# [SOLVED] Blank Screen before XP log on after Geforce 6200 install



## Meenac76 (Jan 16, 2008)

Well the Title pretty much sums it up. I just got pretty much everything in my system replaced. new motherboard (foxconn 661MXPlus), new CPU Intel pentium 4 3.00 GHz. and new video card Nvidia GeForce 6200 (XFX). Once physically installed and after all the drivers have been downloaded upon restart the computer freezes right before going to the windows logon. I have no idea what to do. I've tried to disable the onboard Video card doesn't work. have looked thru the Bios but that doesn't seem to help either. Does anyone have a step by step solution by chance. Going nuts here. :4-dontkno


----------



## Meenac76 (Jan 16, 2008)

*Re: Blank Screen before XP log on after Geforce 6200 install*

bump

please help


----------



## Thimble (Jan 8, 2008)

*Re: Blank Screen before XP log on after Geforce 6200 install*

PSU? I think this card needs at least 350W...


----------



## Meenac76 (Jan 16, 2008)

*Re: Blank Screen before XP log on after Geforce 6200 install*

ty my PSU is only 235W I'm going to see about picking up a 400W at least and see if this helps. according to the minimum requirements for the card i need at least a 250w


----------



## emosun (Oct 4, 2006)

*Re: Blank Screen before XP log on after Geforce 6200 install*

When a video card states the minumum psu requirement , its refering to the minimum watts the card needs to operate. So the card needs 250 watts, and the reset of the wattage would go to the rest of the system. Meaning your 235w psu doesn't have enough power to power your system or the card. I do think a quality 400w would fix this. Also, are you going to be trying to use the card for gaming? , or just watching dvds and web browsing so on..


----------



## Meenac76 (Jan 16, 2008)

*Re: Blank Screen before XP log on after Geforce 6200 install*

okay well I went out and got a Ultra 350W ATX power supply. The 450 I wanted was from powerup but from what I've read they arent' the best choice. Anyways after installing the new powersupply I am still having issues of the screen going black right before the xp logon screen. The card is for gaming. World of Warcraft to be exact. Thanks for your assistance thus far.


----------



## 2pistolpacker (Dec 3, 2007)

*Re: Blank Screen before XP log on after Geforce 6200 install*

Has the computer ever booted correctly? Does the computer boot into windows without the video card installed? Remove the video card and test, then post back. Mike


----------



## Meenac76 (Jan 16, 2008)

*Re: Blank Screen before XP log on after Geforce 6200 install*

Hi Mike,
Yah the computer boots fine when I use the onboard video card. it's only after I put the new one in and do the restart that it never boots up again.


----------



## 2pistolpacker (Dec 3, 2007)

*Re: Blank Screen before XP log on after Geforce 6200 install*

I must admit that Foxconn does not have a stellar reputation for quality and their documentation is not great either.
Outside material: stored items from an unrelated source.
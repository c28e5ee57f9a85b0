-- ===== src/Http/Session/Shrinking.antt =====
-- What recvRequest of mingfwq/http/http_session.cpp leaves to come, and what its parser may not do.
use mingfwq.Prelude.{
  ℕ, ◌+◌, ◌-◌, ◌^◌, ◌≤◌, ◌<◌, ◌≡◌, ◌||◌, inl, inr, false, Option, some, List, ltb, leb, ◌==◌,
  length, length-take, length-drop, length-replicate, take, drop, replicate, arith, Bool-cases,
}
use mingfwq.ByteArray.{overwrite}
use mingfwq.ByteArray.Chain.{length-overwrite}
use mingfwq.Stream.{Outcome, returned}
use mingfwq.Stream.Ending.{Ends, read_fix_size-Ends}
use mingfwq.Stream.Reading.{IsSource}
use mingfwq.Http.Request.{HttpRequest}
use mingfwq.Http.Incoming.{
  Reply, message, closed, overrun, unfinished, is_positive, memmove, fill_body, receive_body,
}
use mingfwq.Http.Session.{Parser, Head, parsed, stopped, set_body}

-- A parser on the successive reads of a head, from the state `start` on: it takes all bytes of each
-- while it is neither finished nor broken.
pub data Met {P : Type 0} (parser : Parser P) (start : P) : P → Type 0 where
  first : Met parser start start
  took :
      (p : P) (buffer : List ℕ) (len : ℕ)
      → Met parser start p
      → (parser.step p buffer len 0).0 ≡ len
      → Met parser start (parser.step p buffer len 0).1

-- On one of these reads it takes more bytes than there are, or leaves some although it is neither
-- finished nor broken.
pub data Misparses {P : Type 0} (parser : Parser P) (start : P) : Type 0 where
  takes_more :
      (p : P) (buffer : List ℕ) (len : ℕ)
      → Met parser start p
      → len < (parser.step p buffer len 0).0
      → Misparses parser start
  leaves_some :
      (p : P) (buffer : List ℕ) (len : ℕ)
      → Met parser start p
      → (parser.step p buffer len 0).0 < len
      → parser.broken (parser.step p buffer len 0).1 ≡ false
      → parser.finished (parser.step p buffer len 0).1 ≡ false
      → Misparses parser start

module _ {S : Type 0} (pending : S → List ℕ) (Excuse : Type 0) where
  -- The reply came, and a message left fewer than `n` bytes to come; a call leaves the buffer only
  -- with an excuse.
  abbrev pub Shrinks : ℕ → Reply HttpRequest S → Type 0
  Shrinks n (message m s) = length (pending s) < n
  Shrinks n (closed s) = Unit
  Shrinks n overrun = Excuse
  Shrinks n unfinished = ⊥

  abbrev pub HeadShrinks : {P : Type 0} → ℕ → Head P S → Type 0
  HeadShrinks n (parsed p buffer offset s) = length (pending s) < n
  HeadShrinks n (stopped r) = Shrinks n r

  fill_body-Shrinks :
      (n k : ℕ) (front : List ℕ) (m : HttpRequest) (o : Outcome S)
      → Ends pending k o
      → k < n
      → Shrinks n (fill_body set_body front m o)
  unfolding fill_body
  fill_body-Shrinks n k front m (returned rt back s) e l =
      elim (Bool-cases ((rt == 0) || leb (2 ^ 31) rt)) [
        | inl q ↦ rw (fill_body, q) tt
        | inr q ↦ rw (fill_body, q) (omega (arith, e, l))
      ]
  fill_body-Shrinks n k front m Outcome.overrun e l = absurd e
  fill_body-Shrinks n k front m Outcome.unfinished e l = absurd e

  pub receive_body-Shrinks :
      (read : S → ℕ → Option (List ℕ) × S) (n fuel total : ℕ) (buffer : List ℕ) (offset : ℕ)
      (m : HttpRequest) (s : S)
      → IsSource read pending
      → length (pending s) < fuel
      → length (pending s) < n
      → Shrinks n (receive_body read set_body fuel total buffer offset m s)
  unfolding receive_body
  receive_body-Shrinks read n fuel total buffer offset m s source f l =
      elim (Bool-cases (is_positive total)) [
        | inr p ↦ rw (receive_body, p) l
        | inl p ↦ elim (Bool-cases (ltb offset total)) [
          | inr q ↦ rw (receive_body, p, q) l
          | inl q ↦
              rw (receive_body, p, q)
                (fill_body-Shrinks n (length (pending s)) (take offset buffer) m _
                  (read_fix_size-Ends read pending source fuel (total - offset)
                    (replicate (total - offset) 0) s f
                    (omega (arith, length-replicate {A = ℕ} (total - offset) 0))
                    (ground (arith, p)))
                  l)
        ]
      ]

pub memmove_inside :
    (buffer : List ℕ) (from count : ℕ)
    → from + count ≤ length buffer
    → (moved : List ℕ) × (memmove buffer from count ≡ some moved) × (length moved ≡ length buffer)
unfolding memmove
memmove_inside buffer from count h = (
  overwrite buffer 0 (take count (drop from buffer)),
  ground (arith, h),
  length-overwrite buffer (take count (drop from buffer)) 0
      (omega (arith, length-take count (drop from buffer), length-drop from buffer, h)),
)
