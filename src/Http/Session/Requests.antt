-- ===== src/Http/Session/Requests.antt =====
-- recvRequest of mingfwq/http/http_session.cpp returns, and takes bytes of the stream for every
-- request.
I looked at the manual for this board and if you go into the bios, under intergrated peripherals. That is where you might find a command to disable the onboard graphics. The two boards I have with onboard graphics have 3 options, 1-to run onboard only, 2-to auto recognize your hardware, 3-run add on card only. The quickest way to test this is to find another video card to test. If the other works, you've found the problem. You might also try to uninstall the onboard graphics in the device manager. Test another card and get back to us. Mike


----------



## Meenac76 (Jan 16, 2008)

*Re: Blank Screen before XP log on after Geforce 6200 install*

Hi Mike,

I don't have another video card to try out nor do I have another comp to try it on (my other comp is PCI not AGP). One thing I did come across which I might be of some interest is that if I install the Geforce 6200 drivers before putting the driver disk that came with the foxconn, the foxconn disk says it is incompatible with my main board. However, if I uninstall the Nvidia drivers and then put the foxconn disk in it loads that up. I'm really confused. I am just about ready to toss this comp out the window... lol.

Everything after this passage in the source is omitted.